# What the task asks
Copy, in full, each line of the material that holds the word "antt".

# Given data
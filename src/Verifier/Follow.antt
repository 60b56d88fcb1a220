-- ===== src/Verifier/Follow.antt =====
-- What `Verifier::step` of lib/bombadil/src/specification/verifier.rs keeps of each property: the
-- state of a property says what is left of its formula.
use bombadil.Common.{
  ℕ, zero, suc, ◌+◌, Bool, true, false, ◌||◌, Option, none, some, ◌≡◌, refl, sym, ap, arith, ◌∙◌,
}
use bombadil.Common.Run.{Returns, return-Returns, >>=-Returns}
use bombadil.Ltl.Domain.{Domain}
use bombadil.Ltl.Formula.{Formula}
use bombadil.Ltl.Value.{Value}
use bombadil.Ltl.Eval.{EvaluateThunk}
use bombadil.Ltl.Semantics.{
  Meaning, holds, residual_holds, value_holds, Fits, ResidualFits, ValueFits,
}
use bombadil.Ltl.Semantics.Evaluate.{Answers, evaluate-Says}
use bombadil.Ltl.Semantics.Step.{step-Says}
use bombadil.Verifier.{PropertyState, settle, settled, is_pending, step_state}

abbrev pub is_reported : {D : Domain} → Option (Value D) → Bool
is_reported (some _) = true
is_reported none = false

abbrev pub is_violation : {D : Domain} → Option (Value D) → Bool
is_violation (some (Value.false_with _ _)) = true
is_violation _ = false

module _ {D : Domain} (meaning : Meaning D) (fuel : ℕ) (f : Formula D) where
  -- The formula has the truth value `b` however the trace goes on after the position `j`.
  abbrev pub IsSettled : ℕ → Bool → Type 0
  IsSettled j b = (n : ℕ) → holds meaning fuel f 0 (j + n) ≡ b

  -- A property of the formula `f` after `i` states, of which some has `violated` it or none has.
  abbrev pub Tracks : Bool → ℕ → PropertyState D → Type 0
  Tracks violated zero (PropertyState.initial g) =
      (g ≡ f) × Fits meaning fuel f × (violated ≡ false)
  Tracks violated zero _ = ⊥
  Tracks violated (suc j) (PropertyState.initial _) = ⊥
  Tracks false (suc j) (PropertyState.residual r) =
      ResidualFits meaning fuel r
      × ((n : ℕ) → residual_holds meaning fuel r (suc j) n ≡ holds meaning fuel f 0 (j + n))
  Tracks false (suc j) PropertyState.definitely_true = IsSettled j true
  Tracks false (suc j) PropertyState.definitely_false = ⊥
  Tracks true (suc j) (PropertyState.residual r) = ResidualFits meaning fuel r × IsSettled j false
  Tracks true (suc j) _ = IsSettled j false

  -- What a value of the property at the position `i` makes of it.
  abbrev Follows : Bool → ℕ → Option (Value D) × PropertyState D → Type 0
  Follows violated i (report, state) = Tracks (violated || is_violation report) (suc i) state

  abbrev pub Stepped : Bool → ℕ → PropertyState D → Option (Value D) × PropertyState D → Type 0
  Stepped violated i state r = Follows violated i r × (is_reported r.0 ≡ is_pending state)

module _ {D : Domain} {W E : Type 0} (evaluate_thunk : ℕ → EvaluateThunk D W E)
    (meaning : Meaning D) (answers : Answers evaluate_thunk meaning) (fuel : ℕ)
    (f : Formula D) where
  settled-Follows :
      (v : Value D) (i : ℕ)
      → ValueFits meaning fuel v
      → ((n : ℕ) → value_holds meaning fuel v (suc i) n ≡ holds meaning fuel f 0 (i + n))
      → Follows meaning fuel f false i (settled v)
  unfolding settle value_holds
  settled-Follows (Value.true_with _) i h e = λ n. sym (e n)
  settled-Follows (Value.false_with _ none) i h e = λ n. sym (e n)
  settled-Follows (Value.false_with _ (some r)) i h e = (h, λ n. sym (e n))
  settled-Follows (Value.residual r) i h e = (h, e)

  later : (j : ℕ) (b : Bool) → IsSettled meaning fuel f j b → IsSettled meaning fuel f (suc j) b
  later j b e n =
      let shift : suc j + n ≡ j + suc n = omega arith in
      ap (holds meaning fuel f 0) shift ∙ e (suc n)

  settled-stays :
      (v : Value D) (j : ℕ)
      → ValueFits meaning fuel v
      → IsSettled meaning fuel f j false
      → Follows meaning fuel f true (suc j) (settled v)
  unfolding settle
  settled-stays (Value.true_with _) j h e = later j false e
  settled-stays (Value.false_with _ none) j h e = later j false e
  settled-stays (Value.false_with _ (some _)) j h e = (h, later j false e)
  settled-stays (Value.residual _) j h e = (h, later j false e)

  -- Where every thunk returns what `meaning` gives it, a step of a property that is followed
  -- returns, reports a value exactly if the property was pending, and follows it: as long as none of its values was a violation, a residual says what
  -- the formula says of the whole trace, and a property is definitely true only where the formula
  -- holds however the trace goes on; from the first violation on, the formula is false however the
  -- trace goes on.
  pub step_state-Follows :
      (i : ℕ) (time : D.Time) (violated : Bool) (state : PropertyState D)
      → Tracks meaning fuel f violated i state
      → Returns
          (step_state (evaluate_thunk i) fuel time state)
          (Stepped meaning fuel f violated i state)
  unfolding step_state
  step_state-Follows zero time false (PropertyState.initial g) h =
      >>=-Returns _ _ _ _
        (evaluate-Says evaluate_thunk meaning answers fuel g 0 time (rw (h.0) (h.1)))
        λ v s. return-Returns _ _ (
          settled-Follows v 0 (s.0) (λ n.
              let start : 0 + n ≡ n = omega arith in
              s.1 n
              ∙ ap (λ g. holds meaning fuel g 0 n) (h.0)
              ∙ ap (holds meaning fuel f 0) (sym start)),
          refl,
        )
  step_state-Follows zero time true (PropertyState.initial g) h = cc
  step_state-Follows zero time violated (PropertyState.residual _) h = absurd h
  step_state-Follows zero time violated PropertyState.definitely_true h = absurd h
  step_state-Follows zero time violated PropertyState.definitely_false h = absurd h
  step_state-Follows (suc j) time violated (PropertyState.initial g) h = absurd h
  step_state-Follows (suc j) time false (PropertyState.residual r) h =
      >>=-Returns _ _ _ _ (step-Says evaluate_thunk meaning answers fuel (suc j) time r (h.0))
        λ v s. return-Returns _ _ (
          settled-Follows v (suc j) (s.0) (λ n.
              let shift : j + suc n ≡ suc j + n = omega arith in
              s.1 n ∙ h.1 (suc n) ∙ ap (holds meaning fuel f 0) shift),
          refl,
        )
  step_state-Follows (suc j) time true (PropertyState.residual r) h =
      >>=-Returns _ _ _ _ (step-Says evaluate_thunk meaning answers fuel (suc j) time r (h.0))
        λ v s. return-Returns _ _ (settled-stays v j (s.0) (h.1), refl)
  step_state-Follows (suc j) time false PropertyState.definitely_true h =
      return-Returns _ _ (later j true h, refl)
  step_state-Follows (suc j) time true PropertyState.definitely_true h =
      return-Returns _ _ (later j false h, refl)
  step_state-Follows (suc j) time false PropertyState.definitely_false h = absurd h
  step_state-Follows (suc j) time true PropertyState.definitely_false h =
      return-Returns _ _ (later j false h, refl)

# Final answer
filename src/Verifier/Follow.antt
-- ===== src/Verifier/Follow.antt =====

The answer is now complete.